Ten Tips for Stats Addicts

Join the Do A New Thing newsletter and let’s beat our addiction together!

RESPOND

Let us know in the comments if you are taking the #StatSabbatical Challenge!

 

Linking up with Crystal Storms at #IntentionalTuesday, Jaime Weibel at #SittingAmongFriends, Susan Mead at #DanceWithJesus and Dawn Klinge at #GraceandTruth

18 thoughts on “How to Keep Stats from Draining Your Soul

    • Stepping away occasionally is a good thing. Hard to do, but gives you a new perspective on what is important and what makes a difference. Thanks for stopping by!

  1. Oh my goodness this is so good Christa! It’s easy to fall into this trap of measuring success by numbers. Especially when everything on social media is telling us how to grow our numbers. I love that you reminded us that we can lose site of our purpose in the stats. Wise words!

  2. Love this! It is so easy to obsess over the numbers and it really does way on me mentally when a post doesn’t do as well as I’d thought or when I’m having a slower week. I try to remember that it’s not about the numbers and I’ve often told my hubby that if I start writing just to get the numbers, I’ll end up burning out and losing sight of my vision. Count me in on the stat sabbatical challenge!:)

  3. Love this: “My goal is not to have 500,000 people view my website every month. My goal is to help creative Christians move their God-sized dream from vision to action.”

    Yes! Thanks for this call to ministry-orientation!

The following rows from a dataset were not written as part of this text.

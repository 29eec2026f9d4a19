-- ===== src/Store/Jobs/Requeue.antt =====
-- RequeueStaleExecutionJobs moves exactly the stale jobs.
use mathlib.Core.Option
use lecrev.Prelude.{
  ℕ, String, ◌≡◌, refl, ap, Bool, true, false, Option, none, some, leb, ◌&&◌, [], ◌∷◌, arith, sym,
  ◌∙◌, str_eq, if◌then◌else◌,
}
use lecrev.Prelude.Text.{trim_space}
use lecrev.Maps.{Assoc, get, count_if}
use lecrev.Maps.Keyed.{IsKeyed}
use lecrev.Errors.{ok}
use lecrev.Domain.{Time, ExecutionJob, JobState, job_state_eq}
use lecrev.Store.State.{Store}
use lecrev.Store.Jobs.{
  is_stale, requeued, requeue_entry, requeue_loop, requeue_stale_execution_jobs,
}

get-requeue_entry :
    (b : Bool) (id k : String) (job new : ExecutionJob) (r : ℕ × Assoc ExecutionJob)
    → get (requeue_entry b id job new r).1 k
      ≡ (if str_eq id k then some (if b then new else job) else get r.1 k)
unfolding get requeue_entry
get-requeue_entry true id k job new r = refl
get-requeue_entry false id k job new r = refl

module _ (from_state to_state : JobState) (stale_before now : Time) (text : String) where
  -- What the call makes of one job.
  abbrev pub moved : ExecutionJob → ExecutionJob
  moved job = if is_stale from_state stale_before job then requeued to_state now text job else job

  abbrev after : Assoc ExecutionJob → Assoc ExecutionJob
  after m = (requeue_loop from_state to_state stale_before now text m).1

  map-if :
      (b : Bool) (job : ExecutionJob) (o : Option ExecutionJob)
      → Option.map moved (if b then some job else o)
        ≡ (if b then some (moved job) else Option.map moved o)
  map-if true job o = refl
  map-if false job o = refl

  get-requeue : (m : Assoc ExecutionJob) (k : String) → get (after m) k ≡ Option.map moved (get m k)
  unfolding get requeue_loop
  get-requeue [] k = refl
  get-requeue ((id, job) ∷ m) k =
      get-requeue_entry (is_stale from_state stale_before job) id k job
        (requeued to_state now text job) (requeue_loop from_state to_state stale_before now text m)
      ∙ ap (λ o. if str_eq id k then some (moved job) else o) (get-requeue m k)
      ∙ sym (map-if (str_eq id k) job (get m k))

  count-requeue :
      (m : Assoc ExecutionJob)
      → (requeue_loop from_state to_state stale_before now text m).0
        ≡ count_if (is_stale from_state stale_before) m
  unfolding requeue_loop count_if
  count-requeue [] = refl
  count-requeue ((id, job) ∷ m) = ground (arith, count-requeue m)

  none_stale :
      job_state_eq to_state from_state ≡ false
      → (m : Assoc ExecutionJob) → count_if (is_stale from_state stale_before) (after m) ≡ 0
  unfolding requeue_loop count_if requeued
  none_stale out [] = refl
  none_stale out ((id, job) ∷ m) = ground (arith, none_stale out m)

  pub requeue-IsKeyed :
      (m : Assoc ExecutionJob) → IsKeyed (λ j. j.id) m → IsKeyed (λ j. j.id) (after m)
  unfolding requeue_loop requeued
  requeue-IsKeyed [] h = tt
  requeue-IsKeyed ((id, job) ∷ m) h = ground (arith, get-requeue m id, requeue-IsKeyed m h.2)

-- What a requeue is to do: the jobs that it concerns, and what each of them becomes.
abbrev pub is_due : JobState → Time → ExecutionJob → Bool
is_due from_state stale_before job =
    job_state_eq job.state from_state && leb job.updated_at stale_before

abbrev pub due_job : JobState → JobState → Time → Time → String → ExecutionJob → ExecutionJob
due_job from_state to_state stale_before now text job =
    if is_due from_state stale_before job
    then record job {
      state = to_state;
      target_region = "";
      error = if str_eq (trim_space text) "" then job.error else trim_space text;
      updated_at = now;
    }
    else job

moved_lem :
    (from_state to_state : JobState) (stale_before now : Time) (text : String) (job : ExecutionJob)
    → moved from_state to_state stale_before now text job
      ≡ due_job from_state to_state stale_before now text job
unfolding requeued
moved_lem from_state to_state stale_before now text job = ground arith

map-moved :
    (from_state to_state : JobState) (stale_before now : Time) (text : String)
    (o : Option ExecutionJob)
    → Option.map (moved from_state to_state stale_before now text) o
      ≡ Option.map (due_job from_state to_state stale_before now text) o
map-moved from_state to_state stale_before now text none = refl
map-moved from_state to_state stale_before now text (some job) =
    ap some (moved_lem from_state to_state stale_before now text job)

count-due :
    (from_state : JobState) (stale_before : Time) (m : Assoc ExecutionJob)
    → count_if (is_stale from_state stale_before) m ≡ count_if (is_due from_state stale_before) m
unfolding count_if
count-due from_state stale_before [] = refl
count-due from_state stale_before ((id, job) ∷ m) =
    ground (arith, count-due from_state stale_before m)

-- The requeue returns the number of the jobs that are in the given state and were last updated at
-- the given time or before. Each of these gets the new state, no region, the time of the call, and
-- the text as its error unless it is blank; every other job stays as it is.
pub requeue_stale_lem :
    (from_state to_state : JobState) (stale_before now : Time) (text : String) (s : Store)
    (k : String)
    → let r = requeue_stale_execution_jobs from_state to_state stale_before now text s in
      (r.0 ≡ ok (count_if (is_due from_state stale_before) s.execution_jobs))
      × (get r.1.execution_jobs k
          ≡ Option.map (due_job from_state to_state stale_before now text) (get s.execution_jobs k))
unfolding requeue_stale_execution_jobs
requeue_stale_lem from_state to_state stale_before now text s k =
    let m = s.execution_jobs in
    (
      ap ok (
          count-requeue from_state to_state stale_before now text m
          ∙ count-due from_state stale_before m),
      get-requeue from_state to_state stale_before now text m k
          ∙ map-moved from_state to_state stale_before now text (get s.execution_jobs k),
    )

-- If the target state of a requeue is another one, a second requeue finds no stale job.
requeue_twice :
    (from_state to_state : JobState) (stale_before now : Time) (text : String) (s : Store)
    → job_state_eq to_state from_state ≡ false
    → let r = requeue_stale_execution_jobs from_state to_state stale_before now text s in
      (requeue_stale_execution_jobs from_state to_state stale_before now text r.1).0 ≡ ok 0
unfolding requeue_stale_execution_jobs
requeue_twice from_state to_state stale_before now text s out =
    let m = s.execution_jobs in
    ap ok (
      count-requeue from_state to_state stale_before now text _
      ∙ none_stale from_state to_state stale_before now text out m)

  4. You are so right about this…the idol of numbers is a compelling one. I love the idea of a StatSabbatical! I actually don’t check stats much because I really don’t have any to check, but I know the lure of that miserable Facebook “like” number. Maybe I should take a “Like Leave”? 😉 Pinning to my “Bloggy Stuff” board…glad to find you today via Sitting Among Friends!

  5. Great Post Christa,
    I have been taking these breaks throughout the weekend. I feel like I constantly need to be on top of this and I feel like my kiddos need me. It is nice out and they want to play and so I have been pulling away. I see some stats that are not up where they usually are but my kids and I are happier hanging out when my attention doesn’t have things on the back burner. It feels great. We need this. God has given me so much and continues to bless my little area of the online world. It is definitely something I have been thinking about a lot lately. Thank you for sharing with us at Sitting Among Friends on Wednesdays!

  6. Great post!!

    I find that I can get bogged down with feelings of, “Is blogging really worth my time, if no one is really reading my posts”. But then I remind myself that is the enemy trying to take me away from God’s work and I try to focus on the fact that if even just one person has been effected by a post of mine and God has been glorified than it is INDEED worth my time.

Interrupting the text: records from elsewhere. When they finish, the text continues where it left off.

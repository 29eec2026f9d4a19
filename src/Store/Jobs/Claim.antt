-- ===== src/Store/Jobs/Claim.antt =====
-- ClaimNextExecutionJob takes the oldest waiting job, whatever order the map is iterated in.
pub mod Order
use lecrev.Prelude.{
  ◌+◌, ◌≡◌, refl, ◌⊎◌, ◌↔◌, inl, inr, Bool, true, false, ◌&&◌, Option, none, some, List, [], ◌∷◌,
  arith, All, In, In-All, if◌then◌else◌, Bool-cases, Option-cases,
}
use lecrev.Prelude.Text.{str_ltb_asym, str_ltb_total, str_ltb_trans}
use lecrev.Maps.{Assoc, put, values, count_if, count_if-put}
use lecrev.Maps.Keyed.{IsKeyed, get_of_In, count_if-pos}
use lecrev.Errors.{ok, err, nothing_found}
use lecrev.Domain.{Time, ExecutionJob, JobState, allows}
use lecrev.Store.State.{Store}
use lecrev.Store.Jobs.{claim_before, replaces, claim_loop, claim_next_execution_job}

claim_before_asym : (a b : ExecutionJob) → claim_before a b ≡ true → claim_before b a ≡ false
unfolding claim_before
claim_before_asym a b h = ground (arith, str_ltb_asym a.id b.id)

-- What is not before `c` is not before anything that comes before `c`.
claim_before_trans :
    (x c d : ExecutionJob)
    → claim_before x c ≡ false
    → claim_before d c ≡ true
    → claim_before x d ≡ false
unfolding claim_before
claim_before_trans x c d h k = ground (arith, str_ltb_trans x.id d.id c.id)

abbrev waits : List JobState → ExecutionJob → Bool
waits allowed job = allows allowed job.state

claim_before_irrefl : (a : ExecutionJob) → claim_before a a ≡ false
claim_before_irrefl a = ground (arith, claim_before_asym a a)

not_before_trans :
    (a b c : ExecutionJob)
    → claim_before a b ≡ false
    → claim_before b c ≡ false
    → claim_before a c ≡ false
unfolding claim_before
not_before_trans a b c h k = ground (arith, str_ltb_trans a.id c.id b.id, str_ltb_total b.id c.id)

abbrev NotBefore : Option ExecutionJob → ExecutionJob → Type 0
NotBefore none c = Unit
NotBefore (some d) c = claim_before d c ≡ false

-- No waiting job of the list comes before `c`.
abbrev pub Least : List JobState → ExecutionJob → List ExecutionJob → Type 0
Least allowed c = All (λ job. waits allowed job ≡ true → claim_before job c ≡ false)

-- One round keeps the loop's choice the first of what it has seen.
round_least :
    (allowed : List JobState) (job c : ExecutionJob) (chosen : Option ExecutionJob)
    → NotBefore (if waits allowed job && replaces job chosen then some job else chosen) c
    → (waits allowed job ≡ true → claim_before job c ≡ false) × NotBefore chosen c
round_least allowed job c none h = ground arith
round_least allowed job c (some d) h =
    ground (arith, claim_before_trans job c d, not_before_trans job d c)

claim_loop-Least :
    (allowed : List JobState) (jobs : List ExecutionJob) (chosen : Option ExecutionJob)
    (c : ExecutionJob)
    → claim_loop allowed jobs chosen ≡ some c
    → Least allowed c jobs × NotBefore chosen c
unfolding claim_loop
claim_loop-Least allowed [] none c e = (tt, tt)
claim_loop-Least allowed [] (some d) c e = (tt, ground (arith, claim_before_irrefl c))
claim_loop-Least allowed (job ∷ jobs) chosen c e =
    let rest = claim_loop-Least allowed jobs _ c e in
    let now = round_least allowed job c chosen rest.1 in ((now.0, rest.0), now.1)

claim_loop_from :
    (allowed : List JobState) (jobs : List ExecutionJob) (chosen : Option ExecutionJob)
    (c : ExecutionJob)
    → claim_loop allowed jobs chosen ≡ some c
    → (chosen ≡ some c) ⊎ (In c jobs × (waits allowed c ≡ true))
unfolding claim_loop
claim_loop_from allowed [] chosen c e = inl e
claim_loop_from allowed (job ∷ jobs) chosen c e =
    elim (Bool-cases (waits allowed job && replaces job chosen)) [
      | inl t ↦ from_taken t (claim_loop_from allowed jobs _ c e)
      | inr t ↦ from_kept t (claim_loop_from allowed jobs _ c e)
    ]
  where
    from_taken :
        (waits allowed job && replaces job chosen) ≡ true
        → ((if waits allowed job && replaces job chosen then some job else chosen) ≡ some c)
          ⊎ (In c jobs × (waits allowed c ≡ true))
        → (chosen ≡ some c) ⊎ (In c (job ∷ jobs) × (waits allowed c ≡ true))
    from_taken t (inl p) = inr (inl (ground arith), ground arith)
    from_taken t (inr p) = inr (inr p.0, p.1)

    from_kept :
        (waits allowed job && replaces job chosen) ≡ false
        → ((if waits allowed job && replaces job chosen then some job else chosen) ≡ some c)
          ⊎ (In c jobs × (waits allowed c ≡ true))
        → (chosen ≡ some c) ⊎ (In c (job ∷ jobs) × (waits allowed c ≡ true))
    from_kept t (inl p) = inl (ground arith)
    from_kept t (inr p) = inr (inr p.0, p.1)

-- The loop ends with nothing only if it began so and no job of the list waits.
claim_loop-none :
    (allowed : List JobState) (jobs : List ExecutionJob) (chosen : Option ExecutionJob)
    → claim_loop allowed jobs chosen ≡ none
    → (chosen ≡ none) × All (λ job. waits allowed job ≡ false) jobs
unfolding claim_loop
claim_loop-none allowed [] chosen e = (e, tt)
claim_loop-none allowed (job ∷ jobs) none e =
    ground
      (arith, claim_loop-none allowed jobs (if waits allowed job && true then some job else none))
claim_loop-none allowed (job ∷ jobs) (some d) e = ground (
  arith,
  claim_loop-none allowed jobs
      (if waits allowed job && claim_before job d then some job else some d),
)

count_if-zero :
    (allowed : List JobState) (m : Assoc ExecutionJob)
    → All (λ job. waits allowed job ≡ false) (values m)
    → count_if (waits allowed) m ≡ 0
unfolding values count_if
count_if-zero allowed [] h = refl
count_if-zero allowed ((id, job) ∷ m) h = ground (arith, count_if-zero allowed m h.1)

-- The same as an equation of the two tests, for statements.
abbrev pub NoneBefore : List JobState → ExecutionJob → List ExecutionJob → Type 0
NoneBefore allowed c = All (λ job. (allows allowed job.state && claim_before job c) ≡ false)

Least-NoneBefore :
    (allowed : List JobState) (c : ExecutionJob) (jobs : List ExecutionJob)
    → Least allowed c jobs
    → NoneBefore allowed c jobs
Least-NoneBefore allowed c [] h = tt
Least-NoneBefore allowed c (job ∷ jobs) h = (ground arith, Least-NoneBefore allowed c jobs h.1)

abbrev pub claimed_job : ExecutionJob → JobState → Time → ExecutionJob
claimed_job c to_state now = record c { state = to_state; updated_at = now }

-- A successful claim returns a job of the table that waited in one of the given states and that no
-- waiting job of the table comes before in the claim order; only its state and time of update are
-- new, and the store changes only by writing it back under its id.
pub claim_next-least :
    (from_states : List JobState) (to_state : JobState) (now : Time) (s : Store)
    {job : ExecutionJob} {s' : Store}
    → claim_next_execution_job from_states to_state now s ≡ (ok job, s')
    → (c : ExecutionJob) × In c (values s.execution_jobs)
      × (waits from_states c ≡ true)
      × NoneBefore from_states c (values s.execution_jobs)
      × (job ≡ claimed_job c to_state now)
      × (s' ≡ record s { execution_jobs = put s.execution_jobs c.id (claimed_job c to_state now) })
unfolding claim_next_execution_job
claim_next-least from_states to_state now s e =
    elim (Option-cases (claim_loop from_states (values s.execution_jobs) none)) [
      | inl n ↦ cc n
      | inr (c, h) ↦ elim (claim_loop_from from_states _ none c h) [
        | inl p ↦ cc p
        | inr p ↦ (
          c,
          p.0,
          p.1,
          Least-NoneBefore from_states c _ (claim_loop-Least from_states _ none c h).0,
          ground (arith, h),
          ground (arith, h),
        )
      ]
    ]

-- The claim finds nothing exactly when no job of the table is in one of the given states.
claim_next-none :
    (from_states : List JobState) (to_state : JobState) (now : Time) (s : Store)
    → (claim_next_execution_job from_states to_state now s ≡ (err nothing_found, s))
      ↔ (count_if (λ job. allows from_states job.state) s.execution_jobs ≡ 0)
unfolding claim_next_execution_job
claim_next-none from_states to_state now s = (
  λ e. elim (Option-cases (claim_loop from_states (values s.execution_jobs) none)) [
    | inl n ↦ count_if-zero from_states s.execution_jobs (claim_loop-none from_states _ none n).1
    | inr (c, h) ↦ cc h
  ],
  λ e. elim (Option-cases (claim_loop from_states (values s.execution_jobs) none)) [
    | inl n ↦ ground (arith, n)
    | inr (c, h) ↦ elim (claim_loop_from from_states _ none c h) [
      | inl p ↦ cc p
      | inr p ↦ absurd (
          omega
            (arith, count_if-pos (λ job. allows from_states job.state) s.execution_jobs c p.0 p.1))
    ]
  ],
)

-- On a table keyed by the jobs' ids, a claim into a state outside the given ones leaves exactly
-- one job fewer in them.
claim_next-count :
    (from_states : List JobState) (to_state : JobState) (now : Time) (s : Store)
    {job : ExecutionJob} {s' : Store}
    → IsKeyed (λ j. j.id) s.execution_jobs
    → allows from_states to_state ≡ false
    → claim_next_execution_job from_states to_state now s ≡ (ok job, s')
    → count_if (λ j. allows from_states j.state) s'.execution_jobs + 1
      ≡ count_if (λ j. allows from_states j.state) s.execution_jobs
claim_next-count from_states to_state now s keyed out e =
    let (c, i, w, l, eq, eq') = claim_next-least from_states to_state now s e in
    ground (
      arith,
      eq',
      get_of_In (λ j. j.id) s.execution_jobs c keyed i,
      count_if-put (λ j. allows from_states j.state) s.execution_jobs c.id
          (claimed_job c to_state now),
    )

-- A claim rewrites one job, or writes nothing.
pub claim_next_effect :
    (from_states : List JobState) (to_state : JobState) (now : Time) (s : Store)
    → ((c : ExecutionJob) × ((claim_next_execution_job from_states to_state now s).1
          ≡ record s { execution_jobs = put s.execution_jobs c.id (claimed_job c to_state now) }))
      ⊎ ((claim_next_execution_job from_states to_state now s).1 ≡ s)
unfolding claim_next_execution_job
claim_next_effect from_states to_state now s =
    elim (Option-cases (claim_loop from_states (values s.execution_jobs) none)) [
      | inl h ↦ inr (ground (arith, h))
      | inr (c, h) ↦ inl (c, ground (arith, h))
    ]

    I liked your statement,
    “While stats can be encouraging when they are growing, they don’t reflect the strength of our relationships. And strong relationships are key to growing any kind of ministry or business.”

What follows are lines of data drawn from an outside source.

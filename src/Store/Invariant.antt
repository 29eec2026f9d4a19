-- ===== src/Store/Invariant.antt =====
-- All methods of the store that write, as one type of calls, and the shape of the tables that
-- every sequence of calls keeps.
use lecrev.Prelude.{String, ◌≡◌, some, List, [], ◌∷◌, arith, eq_iff, inl, inr, sym, subst}
use lecrev.Maps.{Assoc, get, put}
use lecrev.Maps.Keyed.{IsKeyed, put-IsKeyed, remove-IsKeyed}
use lecrev.Domain.{
  Time, Project, ApiKey, IdempotencyRecord, Artifact, FunctionVersion, BuildJob, ExecutionJob,
  JobState, Attempt, CostRecord, Host, WarmPool, WebhookTrigger, HttpTrigger, Region,
}
use lecrev.Store.State.{Store, empty}
use lecrev.Store.Projects.{new_project, ensure_project, put_api_key, touch_api_key_last_used}
use lecrev.Store.Projects.Tenancy.{ensure_project_effect, touch_api_key_effect}
use lecrev.Store.Idempotency.{
  idempotency_key, create_idempotency_record, update_idempotency_record, delete_idempotency_record,
}
use lecrev.Store.Idempotency.Laws.{create_effect}
use lecrev.Store.Triggers.Tokens.{put_webhook_effect, put_http_effect}
use lecrev.Store.Artifacts.{put_artifact, put_function_version, put_build_job}
use lecrev.Store.Jobs.{
  put_execution_job, update_execution_job, claim_next_execution_job, requeue_stale_execution_jobs,
}
use lecrev.Store.Jobs.Requeue.{requeue-IsKeyed}
use lecrev.Store.Attempts.{put_attempt, update_attempt, put_cost_record}
use lecrev.Store.Jobs.Claim.{claimed_job, claim_next_effect}
use lecrev.Store.Hosts.{
  warm_pool_key, remove_prefixed, put_host, update_host, replace_warm_pools_for_host, put_region,
}
use lecrev.Store.Hosts.Pools.{pool_key, put_pools-IsKeyed, remove_prefixed-IsKeyed}
use lecrev.Store.Triggers.{put_webhook_trigger, put_http_trigger}

pub data Call : Type 0 where
  ensures_project : String → String → String → Time → Call
  puts_api_key : ApiKey → Call
  touches_api_key : String → Time → Call
  creates_idempotency_record : IdempotencyRecord → Call
  updates_idempotency_record : IdempotencyRecord → Call
  deletes_idempotency_record : String → String → String → Call
  puts_artifact : Artifact → Call
  puts_function_version : FunctionVersion → Call
  puts_build_job : BuildJob → Call
  puts_execution_job : ExecutionJob → Call
  updates_execution_job : ExecutionJob → Call
  claims_next_execution_job : List JobState → JobState → Time → Call
  requeues_stale_execution_jobs : JobState → JobState → Time → Time → String → Call
  puts_attempt : Attempt → Call
  updates_attempt : Attempt → Call
  puts_cost_record : CostRecord → Call
  puts_host : Host → Call
  updates_host : Host → Call
  replaces_warm_pools : String → String → List WarmPool → Call
  puts_webhook_trigger : WebhookTrigger → Call
  puts_http_trigger : HttpTrigger → Call
  puts_region : Region → Call

-- The store after a call, whether it succeeded or not.
unfoldable pub step : Call → Store → Store
step (ensures_project id tenant name now) s = (ensure_project id tenant name now s).1
step (puts_api_key key) s = (put_api_key key s).1
step (touches_api_key hash now) s = (touch_api_key_last_used hash now s).1
step (creates_idempotency_record r) s = (create_idempotency_record r s).1
step (updates_idempotency_record r) s = (update_idempotency_record r s).1
step (deletes_idempotency_record scope id key) s = (delete_idempotency_record scope id key s).1
step (puts_artifact a) s = (put_artifact a s).1
step (puts_function_version v) s = (put_function_version v s).1
step (puts_build_job job) s = (put_build_job job s).1
step (puts_execution_job job) s = (put_execution_job job s).1
step (updates_execution_job job) s = (update_execution_job job s).1
step (claims_next_execution_job from to now) s = (claim_next_execution_job from to now s).1
step (requeues_stale_execution_jobs from to before now text) s =
    (requeue_stale_execution_jobs from to before now text s).1
step (puts_attempt a) s = (put_attempt a s).1
step (updates_attempt a) s = (update_attempt a s).1
step (puts_cost_record r) s = (put_cost_record r s).1
step (puts_host h) s = (put_host h s).1
step (updates_host h) s = (update_host h s).1
step (replaces_warm_pools region id pools) s = (replace_warm_pools_for_host region id pools s).1
step (puts_webhook_trigger t) s = (put_webhook_trigger t s).1
step (puts_http_trigger t) s = (put_http_trigger t s).1
step (puts_region r) s = (put_region r s).1

unfoldable pub run : List Call → Store → Store
unfolding step
run [] s = s
run (c ∷ calls) s = run calls (step c s)

abbrev pub record_key : IdempotencyRecord → String
record_key r = idempotency_key r.scope r.project_id r.key

-- Every table holds its records under their own keys, each key once.
pub record IsWellKeyed (s : Store) : Type 0 where
  pub api_keys : IsKeyed (λ k. k.key_hash) s.api_keys
  pub projects : IsKeyed (λ p. p.id) s.projects
  pub idempotency : IsKeyed record_key s.idempotency
  pub artifacts : IsKeyed (λ a. a.digest) s.artifacts
  pub functions : IsKeyed (λ v. v.id) s.functions
  pub build_jobs : IsKeyed (λ j. j.id) s.build_jobs
  pub execution_jobs : IsKeyed (λ j. j.id) s.execution_jobs
  pub attempts : IsKeyed (λ a. a.id) s.attempts
  pub cost_records : IsKeyed (λ r. r.id) s.cost_records
  pub hosts : IsKeyed (λ h. h.id) s.hosts
  pub warm_pools : IsKeyed pool_key s.warm_pools
  pub webhook_triggers : IsKeyed (λ t. t.token) s.webhook_triggers
  pub http_triggers : IsKeyed (λ t. t.token) s.http_triggers
  pub regions : IsKeyed (λ r. r.name) s.regions

-- A value found under a key has that key.
key_of_get :
    {V : Type 0} (key : V → String) (m : Assoc V) (k : String) (v : V)
    → IsKeyed key m
    → get m k ≡ some v
    → key v ≡ k
unfolding get
key_of_get key [] k v h e = cc
key_of_get key ((j, w) ∷ m) k v h e = ground (arith, eq_iff j k, key_of_get key m k v h.2)

step-IsWellKeyed : (c : Call) (s : Store) → IsWellKeyed s → IsWellKeyed (step c s)
unfolding step ensure_project put_api_key touch_api_key_last_used create_idempotency_record
    update_idempotency_record delete_idempotency_record put_artifact put_function_version
    put_build_job put_execution_job update_execution_job put_attempt update_attempt put_cost_record
    put_host update_host put_region claim_next_execution_job put_webhook_trigger put_http_trigger
    replace_warm_pools_for_host requeue_stale_execution_jobs
step-IsWellKeyed (ensures_project id tenant name now) s w =
    elim (ensure_project_effect id tenant name now s) [
      | inl e ↦ subst IsWellKeyed (sym e) (
          ground (
            arith,
            put-IsKeyed (λ (p : Project). p.id) s.projects (new_project id tenant name now),
          ))
      | inr e ↦ subst IsWellKeyed (sym e) w
    ]
step-IsWellKeyed (puts_api_key key) s w =
    ground (arith, put-IsKeyed (λ (k : ApiKey). k.key_hash) s.api_keys key)
step-IsWellKeyed (touches_api_key hash now) s w = elim (touch_api_key_effect hash now s) [
  | inl (k, e, f) ↦ subst IsWellKeyed (sym f) (
      ground (
        arith,
        subst (λ h. IsKeyed (λ k. k.key_hash) (put s.api_keys h (record k { last_used_at = now })))
            (key_of_get (λ (k : ApiKey). k.key_hash) s.api_keys hash k w.api_keys e)
            (put-IsKeyed (λ k. k.key_hash) s.api_keys (record k { last_used_at = now }) w.api_keys),
      ))
  | inr f ↦ subst IsWellKeyed (sym f) w
]
step-IsWellKeyed (creates_idempotency_record r) s w = elim (create_effect r s) [
  | inl e ↦ subst IsWellKeyed (sym e) (ground (arith, put-IsKeyed record_key s.idempotency r))
  | inr e ↦ subst IsWellKeyed (sym e) w
]
step-IsWellKeyed (updates_idempotency_record r) s w =
    ground (arith, put-IsKeyed record_key s.idempotency r)
step-IsWellKeyed (deletes_idempotency_record scope id key) s w =
    ground (arith, remove-IsKeyed record_key s.idempotency (idempotency_key scope id key))
step-IsWellKeyed (puts_artifact a) s w =
    ground (arith, put-IsKeyed (λ (a : Artifact). a.digest) s.artifacts a)
step-IsWellKeyed (puts_function_version v) s w =
    ground (arith, put-IsKeyed (λ (v : FunctionVersion). v.id) s.functions v)
step-IsWellKeyed (puts_build_job job) s w =
    ground (arith, put-IsKeyed (λ (j : BuildJob). j.id) s.build_jobs job)
step-IsWellKeyed (puts_execution_job job) s w =
    ground (arith, put-IsKeyed (λ (j : ExecutionJob). j.id) s.execution_jobs job)
step-IsWellKeyed (updates_execution_job job) s w =
    ground (arith, put-IsKeyed (λ (j : ExecutionJob). j.id) s.execution_jobs job)
step-IsWellKeyed (claims_next_execution_job from to now) s w =
    elim (claim_next_effect from to now s) [
      | inl (c, e) ↦ subst IsWellKeyed (sym e) (
          ground (
            arith,
            put-IsKeyed (λ (j : ExecutionJob). j.id) s.execution_jobs (claimed_job c to now),
          ))
      | inr e ↦ subst IsWellKeyed (sym e) w
    ]
step-IsWellKeyed (requeues_stale_execution_jobs from to before now text) s w =
    ground (arith, requeue-IsKeyed from to before now text s.execution_jobs w.execution_jobs)
step-IsWellKeyed (puts_attempt a) s w =
    ground (arith, put-IsKeyed (λ (a : Attempt). a.id) s.attempts a)
step-IsWellKeyed (updates_attempt a) s w =
    ground (arith, put-IsKeyed (λ (a : Attempt). a.id) s.attempts a)
step-IsWellKeyed (puts_cost_record r) s w =
    ground (arith, put-IsKeyed (λ (r : CostRecord). r.id) s.cost_records r)
step-IsWellKeyed (puts_host h) s w = ground (arith, put-IsKeyed (λ (h : Host). h.id) s.hosts h)
step-IsWellKeyed (updates_host h) s w = ground (arith, put-IsKeyed (λ (h : Host). h.id) s.hosts h)
step-IsWellKeyed (replaces_warm_pools region id pools) s w = ground (
  arith,
  put_pools-IsKeyed pools (remove_prefixed (warm_pool_key region id "") s.warm_pools)
      (remove_prefixed-IsKeyed (warm_pool_key region id "") s.warm_pools w.warm_pools),
)
step-IsWellKeyed (puts_webhook_trigger t) s w = elim (put_webhook_effect t s) [
  | inl e ↦
      subst IsWellKeyed (sym e)
        (ground (arith, put-IsKeyed (λ (t : WebhookTrigger). t.token) s.webhook_triggers t))
  | inr e ↦ subst IsWellKeyed (sym e) w
]
step-IsWellKeyed (puts_http_trigger t) s w = elim (put_http_effect t s) [
  | inl e ↦
      subst IsWellKeyed (sym e)
        (ground (arith, put-IsKeyed (λ (t : HttpTrigger). t.token) s.http_triggers t))
  | inr e ↦ subst IsWellKeyed (sym e) w
]
step-IsWellKeyed (puts_region r) s w =
    ground (arith, put-IsKeyed (λ (r : Region). r.name) s.regions r)

IsWellKeyed-empty : IsWellKeyed empty
IsWellKeyed-empty = omega arith

run-IsWellKeyed : (calls : List Call) (s : Store) → IsWellKeyed s → IsWellKeyed (run calls s)
unfolding run
run-IsWellKeyed [] s w = w
run-IsWellKeyed (c ∷ calls) s w = run-IsWellKeyed calls (step c s) (step-IsWellKeyed c s w)

-- From the empty store, after any calls of the methods that write, every table holds each record
-- under the record's own key, and each key once.
pub reachable-IsWellKeyed : (calls : List Call) → IsWellKeyed (run calls empty)
reachable-IsWellKeyed calls = run-IsWellKeyed calls empty IsWellKeyed-empty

    I also liked the Scriptural illustration you used adding even more insight to your blog post.

    Thanks so much for sharing!

  7. Thanks for sharing this, Christa. It’s so easy to get swept away by the numbers (good or bad!) I think at my ideal state, I can see them as an indication of what is working and what I need to adjust. But at a low state, it’s easy to try to find my identity in what they reflect back to me. Thank-you for your insight!

  8. So much wisdom here! I believe it’s a constant battle for faith bloggers to keep stats in their proper place. It’s important for us to be good stewards of our platforms, and analytics can play a significant role in that endeavor. But you hit the nail on the head when you pointed out the things stats can’t measure. There’s much power in reaching a single person for the glory of God, and as along as we’re pursuing His will for us, we can be free to tell Google Analytics to take a hike! 🙂 Thanks for sharing this with us at Grace & Truth!

    • Thanks for visiting, Jennifer! You are so right. Each one of those little ticks and clicks represents a heart that can draw closer to God. Blessings to you!